While I love the SSD, and I love the form factor, when working at a desk I
really really pine for more RAM and a faster chip. I push the machine super
hard on a normal day, not even when doing development.

Now as a portable, nothing can beat the thing, and when working on its 13"
screen, it forces you to edit your multitasking so you really don't push it as
bad. But when hooked at a 27" screen, you are tempted to multitask more and it
gets bogged down.

Next week when the new iMacs come out I'm going to probably get one of those
to use as a desktop machine and use the MBA as a portable. With Dropbox and
MobileMe and Google sync, this is an easy proposition.

------
dmauro
I'm using my MBA (no upgrades, lowest end model) for my daily routine as a
designer, and it's holding up perfectly well. I am mostly just running
Photoshop, Illustrator, Textmate, and a few browsers. Hell, I was even able to
play Portal 2 on this thing. It's definitely the best $1,000 I've ever spent
on tech, and I'm a Windows guy.

The only downsides are if I have a bunch of large files open in Photoshop and
Illustrator, I might have to save and close some to keep things running
smooth. When I'm plugged into a 27" display, some things are not quite as
smooth.

So yeah, I'd rather be working on a faster desktop system (though the benefits
would be minimal), but I can close this, bring it home, and continue working
with the same workspace.

And the monitor is better than my Dell 22" I have at home.

------
thenduks
'Enough'? Understatement. It's practically perfect. Sure it's not your gaming
rig or fit for Final Cut Pro, so that could change things if this sounds like
you... but as a developer it easily trumps every machine I've ever owned.

------
oemera
I think I'm really late into this and nobody will read my comment but I will
give it a try.

Six months ago I had a iMac 24" and a MacBook Pro 13" for studying and
portability. I noticed after I bought my MBP that I didn't use my iMac as I
thought to be using. Not because it was slow or bad or something. No it was
just horrible to synchronize both devices with my work and study related stuff
(Yeah I know now better that it is a charm with Dropbox).

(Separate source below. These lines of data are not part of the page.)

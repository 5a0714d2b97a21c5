-- ===== src/Firewall/Main/Starting.antt =====
-- A firewall whose settings, node, oracle and sanctions file are as they should be.
use tx_firewall.Base.{
  ℕ, zero, suc, ◌<◌, ◌≤◌, ◌-◌, String, Bytes, false, Option, none, some, List, [], ◌∷◌, ◌≡◌, ◌≢◌,
  refl, Result, Error, ok, err, arith, str_eq, eq_iff, Bool-cases, inl, inr, ◌⊎◌, any,
}
use tx_firewall.Base.Int.{ℤ, pos}
use tx_firewall.Base.Exec.{
  Exec, Returns, Returns-pure, Returns-bind, Returns-on_error, lift, on_error, ◌>>=◌,
}
use tx_firewall.Geth.{Geth, Address, zero_address}
use tx_firewall.TxDecode.{Codec}
use tx_firewall.Simulate.{CallFrame, info, check_frame, trace_result, trace, verified}
use tx_firewall.Simulate
use tx_firewall.Sanctions.{Checker}
use tx_firewall.Sanctions.Oracle
use tx_firewall.Sanctions.Oracle.{check_code}
use tx_firewall.Sanctions.Listed.{Line, ListChecker, load_list_checker}
use tx_firewall.Sanctions.Listed.Format.{is_invalid, load_list_checker_complete}
use tx_firewall.Chainstate.Freshness
use tx_firewall.Chainstate.Freshness.{block_before, past_block}
use tx_firewall.Chainstate.Freshness.History.{block_before_lem}
use tx_firewall.Chainstate.Known.{check_size}
use tx_firewall.Rules.{Rule}
use tx_firewall.Rules.Outflows.{check_percent}
use tx_firewall.Risk.{Engine, new_engine}
use tx_firewall.JsonRpc.{Json}
use tx_firewall.Firewall.{new_screener_engine, checkers, rules}
use tx_firewall.Firewall.Settings.{Settings, read_settings}
use tx_firewall.Firewall.Settings.Accepted.{IsSpelled, read_settings_iff}
use tx_firewall.Firewall.Main.Served.{oracle_address}
use tx_firewall.Firewall.Main.{
  Client, Outside, World, Screener, Server, chainalysis_oracle, new_oracle, cached_oracle,
  oracle_of, new_simulator, new_freshness, simulator, config, new_screener, server, main,
}
use tx_firewall.Firewall.Main.Checked.{probe, IsTyped}

check_frame-IsTyped : (frame : CallFrame) → IsTyped frame → check_frame frame ≡ ok frame
unfolding check_frame
check_frame-IsTyped frame typed = ground (arith, eq_iff (info frame).type "")

check_code_lem :
    (g : Geth) (oracle : Address) (code : Bytes) → code ≢ [] → check_code g oracle code ≡ ok tt
unfolding check_code
check_code_lem g oracle [] h = absurd (h refl)
check_code_lem g oracle (b ∷ bs) h = refl

check_percent_lem :
    (z : ℤ) (percent : ℕ)
    → z ≡ pos percent
    → 1 ≤ percent
    → percent ≤ 100
    → check_percent z ≡ ok percent
unfolding check_percent
check_percent_lem z percent e h k = rw e (ground arith)

new_engine_lem :
    {W : Type 0} (z : ℤ) (threshold : ℕ) (rs : List (Rule W))
    → z ≡ pos threshold
    → 0 < threshold
    → (e : Engine W) × (new_engine z rs ≡ ok e)
unfolding new_engine
new_engine_lem z zero rs e h = absurd (omega arith)
new_engine_lem z (suc n) rs e h = (record { rules = rs; threshold = suc n }, rw e refl)

module _ {N : Type 0} (P : N → Type 0) where
  Returns-lift : {A : Type 0} (r : Result A) → Returns P (lift r) r
  Returns-lift r = record { at = λ n h. (refl, h) }

  Returns-lifted : {A : Type 0} (r : Result A) {a : A} → r ≡ ok a → Returns P (lift r) (ok a)
  Returns-lifted r e = record { at = λ n h. (e, h) }

  -- A step whose error gets a prefix, and what follows it.
  Returns-step :
      {A B : Type 0} (p : Error → Error) (m : Exec N A) (f : A → Exec N B) (a : A) {r : Result B}
      → Returns P m (ok a)
      → Returns P (f a) r
      → Returns P (on_error p m >>= f) r
  Returns-step p m f a h k = Returns-bind (on_error p m) f a (Returns-on_error p m a h) k

  -- The node answers the checks of newSimulator and newFreshness as they ask for it.
  pub record IsNode (node : Client N) (window : ℕ) : Type 0 where
    pub frame : CallFrame
    pub typed : IsTyped frame
    pub simulates : Returns P (node.call_context probe) (ok frame)
    pub latest : ℕ
    pub counts : Returns P node.block_number (ok latest)
    pub code : Bytes
    pub keeps : Returns P (node.code_at zero_address (some (latest - window))) (ok code)

  module _ (g : Geth) where
    new_simulator-Returns :
        (node : Client N) (window : ℕ)
        → IsNode node window
        → Returns P (new_simulator g node) (ok tt)
    unfolding new_simulator Simulate.verify trace trace_result verified
    new_simulator-Returns node window h = record {
      at = λ n p.
          let (e, q) = h.simulates.at n p in
          (rw (e, trace_result, check_frame-IsTyped h.frame h.typed, verified) refl, q);
    }

    verify-Returns :
        (node : Client N) (window : ℕ)
        → IsNode node window
        → Returns P (Freshness.verify g window node.block_number node.code_at) (ok tt)
    unfolding Freshness.verify past_block
    verify-Returns node window h =
        Returns-bind (past_block g window node.block_number node.code_at) _ (h.latest - window)
          (Returns-bind _ _ h.latest (Returns-on_error _ node.block_number h.latest h.counts)
            (rw block_before_lem (Returns-pure (h.latest - window))))
          (Returns-bind _ _ h.code (Returns-on_error _ _ h.code h.keeps) (Returns-pure tt))

    new_freshness-Returns :
        (node : Client N) (window : ℕ)
        → IsNode node window
        → Returns P (new_freshness g node window) (ok tt)
    unfolding new_freshness check_size
    new_freshness-Returns node window h =
        Returns-bind _ _ tt
          (Returns-on_error _ (Freshness.verify g window node.block_number node.code_at) tt
            (verify-Returns node window h))
          (Returns-lift _)

    -- The oracle's node can be dialled, and has code where the oracle should be.
    pub record IsOracle (o : Outside N) (url : String) : Type 0 where
      pub code : Bytes
      pub connects : Returns P (o.dial url) (ok tt)
      pub has_code : Returns P ((o.client url).code_at (oracle_address g) none) (ok code)
      pub not_empty : code ≢ []

    new_oracle-Returns :
        (o : Outside N) (url : String) → IsOracle o url → Returns P (new_oracle g o url) (ok tt)
    unfolding chainalysis_oracle new_oracle Oracle.verify
    new_oracle-Returns o url h =
        Returns-bind _ _ tt (Returns-on_error _ (o.dial url) tt h.connects) (
          Returns-bind _ _ h.code
            (Returns-on_error _ ((o.client url).code_at (oracle_address g) none) h.code h.has_code)
            (rw (check_code_lem g (oracle_address g) h.code h.not_empty) (Returns-lift _)))

    -- Either no oracle is asked for, or there is one.
    abbrev pub HasOracle : Outside N → Type 0
    HasOracle o = let url = o.env "SANCTIONS_ORACLE_RPC" in (url ≡ "") ⊎ IsOracle o url

    -- What oracle_of gives is no error.
    abbrev IsFine : Option (Result (Checker (World N))) → Type 0
    IsFine none = Unit
    IsFine (some (ok checker)) = Unit
    IsFine (some (err e)) = ⊥

    oracle_of-Returns :
        (o : Outside N)
        → HasOracle o
        → (oracle : Option (Result (Checker (World N)))) × IsFine oracle
          × Returns P (oracle_of g o (o.env "SANCTIONS_ORACLE_RPC")) (ok oracle)
    unfolding oracle_of
    oracle_of-Returns o h = elim (Bool-cases (str_eq (o.env "SANCTIONS_ORACLE_RPC") "")) [
      | inl unset ↦ (none, tt, rw unset (Returns-pure none))
      | inr set_ ↦
          let there : IsOracle o (o.env "SANCTIONS_ORACLE_RPC") = elim h [
            | inl e ↦ absurd (cc ((eq_iff _ _).1 e, set_))
            | inr there ↦ there
          ] in
          (
            some (ok (cached_oracle g o (o.env "SANCTIONS_ORACLE_RPC"))),
            tt,
            rw set_ (
                Returns-bind (new_oracle g o (o.env "SANCTIONS_ORACLE_RPC")) _ tt
                  (new_oracle-Returns o _ there) (Returns-pure _)),
          )
    ]

    checkers_lem :
        (list : ListChecker) (oracle : Option (Result (Checker (World N))))
        → IsFine oracle
        → (cs : List (Checker (World N))) × (checkers list oracle ≡ ok cs)
    unfolding checkers
    checkers_lem list none h = (_, refl)
    checkers_lem list (some (ok checker)) h = (_, refl)
    checkers_lem list (some (err e)) h = absurd h

    module _ (o : Outside N) (s : Settings) (threshold percent : ℕ) (lines : List Line) where
      -- The numbers are in the ranges that newScreener checks, and each line of the file, without
      -- its comment and blanks, is empty or an address.
      pub record IsInRange : Type 0 where
        pub is_threshold : s.threshold ≡ pos threshold
        pub positive : 0 < threshold
        pub is_percent : s.outflow_percent ≡ pos percent
        pub from_one : 1 ≤ percent
        pub to_hundred : percent ≤ 100
        pub opens : o.read_lines s.sanctions_file ≡ ok (lines, none)
        pub valid : any (is_invalid g o.quote) lines ≡ false

      new_screener_engine_lem :
          (list : ListChecker) (oracle : Option (Result (Checker (World N))))
          → IsInRange
          → IsFine oracle
          → (e : Engine (World N)) × (new_screener_engine g (config g o s list oracle) ≡ ok e)
      unfolding new_screener_engine config
      new_screener_engine_lem list oracle h fine =
          let (cs, made) = checkers_lem list oracle fine in
          let (e, built) =
            new_engine_lem s.threshold threshold (rules g (config g o s list oracle) cs percent)
              h.is_threshold h.positive in
          (
            e,
            rw
                (
                  made,
                  check_percent_lem s.outflow_percent percent h.is_percent h.from_one h.to_hundred,
                )
                built,
          )

      new_screener-Returns :
          IsInRange → HasOracle o → (r : Screener (World N)) × Returns P (new_screener g o s) (ok r)
      unfolding new_screener
      new_screener-Returns h there =
          let (list, loaded) =
            load_list_checker_complete g o.quote s.sanctions_file lines h.valid in
          let (oracle, fine, asked) = oracle_of-Returns o there in
          let (e, built) = new_screener_engine_lem list oracle h fine in
          (
            record { sim = simulator g (o.client s.upstream_url); engine = e },
            Returns-bind
                (lift
                  (load_list_checker g o.quote s.sanctions_file (o.read_lines s.sanctions_file)))
                _ list (Returns-lifted _ (rw h.opens loaded))
                (Returns-bind (oracle_of g o (o.env "SANCTIONS_ORACLE_RPC")) _ oracle asked (
                  Returns-bind (lift (new_screener_engine g (config g o s list oracle))) _ e
                    (Returns-lifted _ built)
                    (Returns-pure
                      (record { sim = simulator g (o.client s.upstream_url); engine = e })))),
          )

      -- If the outside stays in states in which the node of UPSTREAM_URL can be dialled, simulates
      -- the probe and has the state where the window begins, and the oracle, if one is asked for,
      -- is there, then main comes to serve with settings that the environment spells and that are in
      -- range, if the sanctions file can be read and each of its lines is valid.
      pub main-serves :
          (c : Codec) (j : Json) (n : N)
          → P n
          → IsSpelled o.env o.slog o.parse_url s
          → IsInRange
          → Returns P (o.dial s.upstream_url) (ok tt)
          → IsNode (o.client s.upstream_url) s.fresh_blocks
          → HasOracle o
          → (srv : Server N) × ((main g o c j n).0 ≡ ok srv) × P (main g o c j n).1
      unfolding main
      main-serves c j n p spelled h connects node there =
          let (r, screens) = new_screener-Returns h there in
          let run : Returns P (main g o c j) (ok (server g o c j s r)) =
            Returns-bind (lift (read_settings o.env o.slog o.parse_url)) _ s
              (Returns-lifted _ ((read_settings_iff o.env o.slog o.parse_url s).1 spelled))
              (Returns-step _ (o.dial s.upstream_url) _ tt connects (
                Returns-step _ (new_simulator g (o.client s.upstream_url)) _ tt
                  (new_simulator-Returns (o.client s.upstream_url) s.fresh_blocks node)
                  (Returns-step _ (new_freshness g (o.client s.upstream_url) s.fresh_blocks) _ tt
                    (new_freshness-Returns (o.client s.upstream_url) s.fresh_blocks node)
                    (Returns-step _ (new_screener g o s) _ r screens (Returns-pure _))))) in
          let (started, q) = run.at n p in (server g o c j s r, started, q)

While I was deciding if I should sell my iMac I decided to sell both iMac AND
my MBP. Why, you ask? My MBP was just fine but sometimes I had to carry a
heavy books plus MBP with me and this was why my back was hurting. So I
decided to switch to something lighter and faster (and yes my MBA is way
faster than my MBP ever was).

After selling both devices I bought a MBA with 128GB SSD and 4GB Ram and
happier than ever before. This was one of the best decisions I made in my
environment. And if anything happens to my MBA I will order a new one with
thinking a moment about it.

Pro's:

* It is very fast,

* it is light as nothing else,

* I have instant-on (something which is really important to me),

* I have 5-6 hours of battery life,

* Eclipse runs really really smooth,

* XCode runs even smother,

* and every other development related works just fine (and sometimes I think even better as on my MBP)

Con's:

* No glass display (I loved it cause it was way easier to clean than a "plastic" display)

* No keyboard backlight (while this was bothering me at the very beginning, I have to admit that I don't care anymore)

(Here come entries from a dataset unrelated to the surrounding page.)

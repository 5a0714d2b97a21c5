-- ===== src/Firewall/Scores.antt =====
-- The score of a verdict (internal/risk) and the number of findings of each weighted rule.
use tx_firewall.Base.{
  ℕ, ◌≤◌, String, List, [], ◌∷◌, ◌++◌, ◌≡◌, ◌∙◌, sym, ap, ◌||◌, Result, ok, arith, sum_by,
  sum_by-append, leb, is_empty, Bool-cases, inl, inr, if◌then◌else◌,
}
use tx_firewall.Base.Exec.{Exec, IfOk, IfOk-continue, IfOk-at, anything, remap, pure, continue}
use tx_firewall.Geth.{Geth, Address}
use tx_firewall.Analysis.{Analysis}
use tx_firewall.Sanctions.{Checker}
use tx_firewall.Sanctions.Any.{any_checker}
use tx_firewall.Rules.{Finding, Rule, one_finding}
use tx_firewall.Rules.Sanctioned
use tx_firewall.Rules.PrivilegeChange
use tx_firewall.Rules.DeployAndCall
use tx_firewall.Rules.DelegatecallToFresh
use tx_firewall.Rules.UnlimitedApproval
use tx_firewall.Rules.NftDrainer
use tx_firewall.Rules.LargeOutflow
use tx_firewall.Rules.FlashLoanOutflow
use tx_firewall.Risk.{Verdict, Engine, evaluate}
use tx_firewall.Risk.Blocking.{total, any_hard, Runs, IsVerdictOn, evaluate-Runs, IsVerdictOn-fits}
use tx_firewall.Firewall.{ScreenerConfig, rules, weighted_rules, new_screener_engine}
use tx_firewall.Firewall.Wiring.{new_screener_engine-inv}

-- The findings weigh at most `n`.
abbrev Weigh : ℕ → List Finding → Type 0
Weigh n fs = total fs ≤ n

one_finding-Weigh :
    {A : Type 0} (rule : String) (n : ℕ) (reason : List A → String) (xs : List A)
    → Weigh n (one_finding rule n reason xs)
unfolding one_finding sum_by
one_finding-Weigh rule n reason [] = omega arith
one_finding-Weigh rule n reason (x ∷ xs) = omega arith

-- Whatever a rule with this Evaluate is asked, its findings weigh at most `n`.
abbrev WeighsAtMost : {W : Type 0} → ℕ → (Analysis → Exec W (List Finding)) → Type 0
WeighsAtMost {W} n evaluate = (a : Analysis) (w : W) → IfOk (Weigh n) (evaluate a w).0

abbrev weights : List ℕ
weights = 0 ∷ 40 ∷ 20 ∷ 20 ∷ 20 ∷ 20 ∷ 40 ∷ 40 ∷ []

module _ (g : Geth) {W : Type 0} where
  check_all-Weigh :
      (checker : Checker W) (fs : List Finding) (addrs : List Address) (w : W)
      → Weigh 0 fs
      → IfOk (Weigh 0) (Sanctioned.check_all g checker fs addrs w).0
  unfolding Sanctioned.check_all Sanctioned.finding_for sum_by
  check_all-Weigh checker fs [] w h = h
  check_all-Weigh checker fs (addr ∷ addrs) w h =
      IfOk-continue (λ hit. Unit {0}) (Weigh 0) (remap _ (checker addr w).0) _ _ (anything _)
        λ hit _.
          check_all-Weigh checker (if hit then fs ++ Sanctioned.finding_for g addr ∷ [] else fs)
            addrs _
            (ground (arith, sum_by-append (λ f. f.weight) fs (Sanctioned.finding_for g addr ∷ [])))

  -- The rules that ask the outside end by one finding, from what they found.
  then_one-Weigh :
      {A B : Type 0} (r : Result B) (rule : String) (n : ℕ) (reason : List A → String)
      (select : B → List A) (w : W)
      → IfOk (Weigh n) (continue r (λ b. pure (one_finding rule n reason (select b))) w).0
  then_one-Weigh r rule n reason select w =
      IfOk-continue (λ b. Unit {0}) (Weigh n) r _ w (anything r)
        λ b _. one_finding-Weigh rule n reason (select b)

  -- The rules and their weights.
  abbrev AllWeigh : List ℕ → List (Rule W) → Type 0
  AllWeigh [] [] = Unit
  AllWeigh (n ∷ ns) (r ∷ rs) = WeighsAtMost n r.evaluate × AllWeigh ns rs
  AllWeigh _ _ = ⊥

  Runs-Weigh :
      (a : Analysis) (ns : List ℕ) (rs : List (Rule W)) (w : W) (fs : List Finding) (w' : W)
      → AllWeigh ns rs
      → Runs a rs w fs w'
      → Weigh (sum_by (λ n. n) ns) fs
  unfolding sum_by
  Runs-Weigh a [] [] w fs w' h (e, _) = rw e (omega arith)
  Runs-Weigh a [] (r ∷ rs) w fs w' h runs = absurd h
  Runs-Weigh a (n ∷ ns) [] w fs w' h runs = absurd h
  Runs-Weigh a (n ∷ ns) (r ∷ rs) w fs w' (h, hs) (here, later, w₁, p, e, more) =
      let one : Weigh n here = IfOk-at (Weigh n) (ap (λ x. x.0) p) (h a w) in
      omega (
        arith,
        ap total e,
        sum_by-append (λ f. f.weight) here later,
        one,
        Runs-Weigh a ns rs w₁ later w' hs more,
      )

  rules-AllWeigh :
      (cfg : ScreenerConfig W) (cs : List (Checker W)) (percent : ℕ)
      → AllWeigh weights (rules g cfg cs percent)
  unfolding rules weighted_rules Sanctioned.rule PrivilegeChange.rule PrivilegeChange.evaluate
      DeployAndCall.rule DeployAndCall.evaluate DelegatecallToFresh.rule
      DelegatecallToFresh.evaluate UnlimitedApproval.rule UnlimitedApproval.evaluate NftDrainer.rule
      NftDrainer.evaluate LargeOutflow.rule LargeOutflow.evaluate FlashLoanOutflow.rule
      FlashLoanOutflow.evaluate sum_by
  rules-AllWeigh cfg cs percent = (
    (λ a w. check_all-Weigh (any_checker cs) [] a.addresses w (omega arith)),
    (
      (λ a w. one_finding-Weigh _ 40 _ _),
      (
        (λ a w. one_finding-Weigh _ 20 _ _),
        (
          (λ a w. then_one-Weigh _ _ 20 _ (λ xs. xs) _),
          (
            (λ a w. then_one-Weigh _ _ 20 _ (λ xs. xs) _),
            (
              (λ a w. then_one-Weigh _ _ 20 _ (λ xs. xs) _),
              (
                (λ a w. then_one-Weigh _ _ 40 _ (λ xs. xs) _),
                (
                  (λ a w. elim (Bool-cases (is_empty a.flash_loans)) [
                    | inl none_ ↦ rw none_ (omega arith)
                    | inr some_ ↦ rw some_ (then_one-Weigh _ _ 40 _ _ _)
                  ]),
                  tt,
                ),
              ),
            ),
          ),
        ),
      ),
    ),
  )

-- With no more than 200 to add, the verdict on the findings has no overflow.
IsVerdictOn-exact :
    (threshold : ℕ) (fs : List Finding) (v : Verdict)
    → IsVerdictOn threshold fs v
    → Weigh 200 fs
    → (v.score ≡ total v.findings)
      × (v.score ≤ 200)
      × (v.block ≡ (any_hard v.findings || leb threshold v.score))
IsVerdictOn-exact threshold fs v (same, score, block) small =
    let (exact, open_) = IsVerdictOn-fits threshold fs v (same, score, block) (omega arith) in
    (
      exact ∙ sym (ap total same),
      omega (arith, exact),
      ground (arith, exact, open_, ap any_hard same),
    )

-- An engine that newScreener built gives a verdict whose score is the sum of its findings'
-- weights, without overflow: it is 200 or less, since each rule adds its weight at most once. It
-- blocks exactly if a finding is a hard block or the score is the threshold or more.
pub evaluate-exact :
    (g : Geth) {W : Type 0} (cfg : ScreenerConfig W) (engine : Engine W) (a : Analysis) (w : W)
    (v : Verdict)
    → new_screener_engine g cfg ≡ ok engine
    → (evaluate engine a w).0 ≡ ok v
    → (v.score ≡ total v.findings)
      × (v.score ≤ 200)
      × (v.block ≡ (any_hard v.findings || leb engine.threshold v.score))
unfolding sum_by
evaluate-exact g cfg engine a w v built given =
    let (_, cs, percent, _, _, _, kept) = new_screener_engine-inv g cfg built in
    let (fs, runs, verdict) = evaluate-Runs engine a w v given in
    IsVerdictOn-exact engine.threshold fs v verdict (
      Runs-Weigh g a weights (rules g cfg cs percent) w fs _ (rules-AllWeigh g cfg cs percent)
        (rw kept at runs))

At the bottom-line I want to say that unless you are working on really high
computation stuff (like 3D rendering or something) a MBA will do it smoothly.
I never encountered anything which I had performance problems with. (If you
ask me I would wait a second longer in exchange to carry much less weight with
me)

Disclaimer: I don't play any games and try to escape Flash everywhere possible
(cause it lets the fan freak out).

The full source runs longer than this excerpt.